That is very true~!!


----------



## Brioche

I'm not surprised that the kids in Britain have dropped languages. They know languages require a lot of work. It takes far, far more time and effort to get a high score in a language in Year 12 than in any other subject. This effort is not rewarded, so the rational thing is to drop language study.

The nasty part of me says this is all part of the dumbing down of society.


----------



## Benjy

Brioche said:


> I'm not surprised that the kids in Britain have dropped languages. They know languages require a lot of work. It takes far, far more time and effort to get a high score in a language in Year 12 than in any other subject. This effort is not rewarded, so the rational thing is to drop language study.
> 
> The nasty part of me says this is all part of the dumbing down of society.



I'm not sure that I totally agree with that. When I thinkof the  level I have been obliged to achieve in maths at A-level or gcse compared with the pitiful knowledge that I had in french at the time I know that maths was  harder hands down. I achieved a B at GCSE in french and was totally incapable of any kind of real conversation. Wheras in maths I hadalready mastered loads of things now which are still relevant skills on my degree course.

There are first year students at decent universities in britain  incapable of explaining where they went on their summer holidays in the langauges that they study.


----------



## nath1

I believe it may come down to the fact that kids in the UK just do not see the point. I mean that everything that a child seems to need is in English, either Uk english or American English. Television programmes in the Uk are dominated by American soaps, or movies. So it is logical that if they do not feel that other languages offer any real benefits then they will not learn. English seems to have become what French was in the 1800's, you only have to watch the news to see people from other countries speaking in English, good English. Im a studebt learning French and most if not all of the French people i have met know some or are almost fluent in English. Why because of music, films, ect.... I personally  think it is a shame but it is a sign of the times. Hopefully one day the trend may reverse but i do not see how. cheers


----------



## Brioche

Benjy said:


> I achieved a B at GCSE in french and was totally incapable of any kind of real conversation. Wheras in maths I hadalready mastered loads of things now which are still relevant skills on my degree course.


 
I've had a lot of milage from my French and German.
I can't say I've ever needed hyperbolic trig functions, imaginary numbers, gamma functions, Newton's iteration, Napier's bones or the many other things I've totally forgotten.


----------



## KaRiNe_Fr

nath1 said:


> I believe it may come down to the fact that kids in the UK just do not see the point. I mean that everything that a child seems to need is in English, either Uk english or American English. Television programmes in the Uk are dominated by American soaps, or movies. So it is logical that if they do not feel that other languages offer any real benefits then they will not learn.

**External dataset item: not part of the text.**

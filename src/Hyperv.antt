-- ===== src/Hyperv.antt =====
-- The parts of agent/hyperv that are not PowerShell.
pub mod RawDisk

What you are saying about UK children can be said for French ones too (and maybe for some other countries of European Community). TV programs are also all in French here (except on arte TV), it's rare to see a movie in its original version, and they don't see the point of learning foreign language either. I admit it's more obvious for UK children as they have the (fake) impression English language is the unique language for everybody can understand it. 
It's a real miscalculation to think what we learn have always to be useful right now, and there is nothing like language learning to open the mind of children. So bad for UK children, give them all my sympathies! 
On the other hand... I remember Spanish courses with about 40 teenagers in the classroom. I don't know how a teacher of a foreign language can manage that. If only those who are interested in learning Spanish were there, I guess more than half would be off, and it could have been heaven for the others!


----------



## AnotherStephen

KaRiNe_Fr said:


> and they [French kids] don't see the point of learning foreign language either. I admit it's more obvious for UK children as they have the (fake) impression English language is the unique language for everybody can understand it.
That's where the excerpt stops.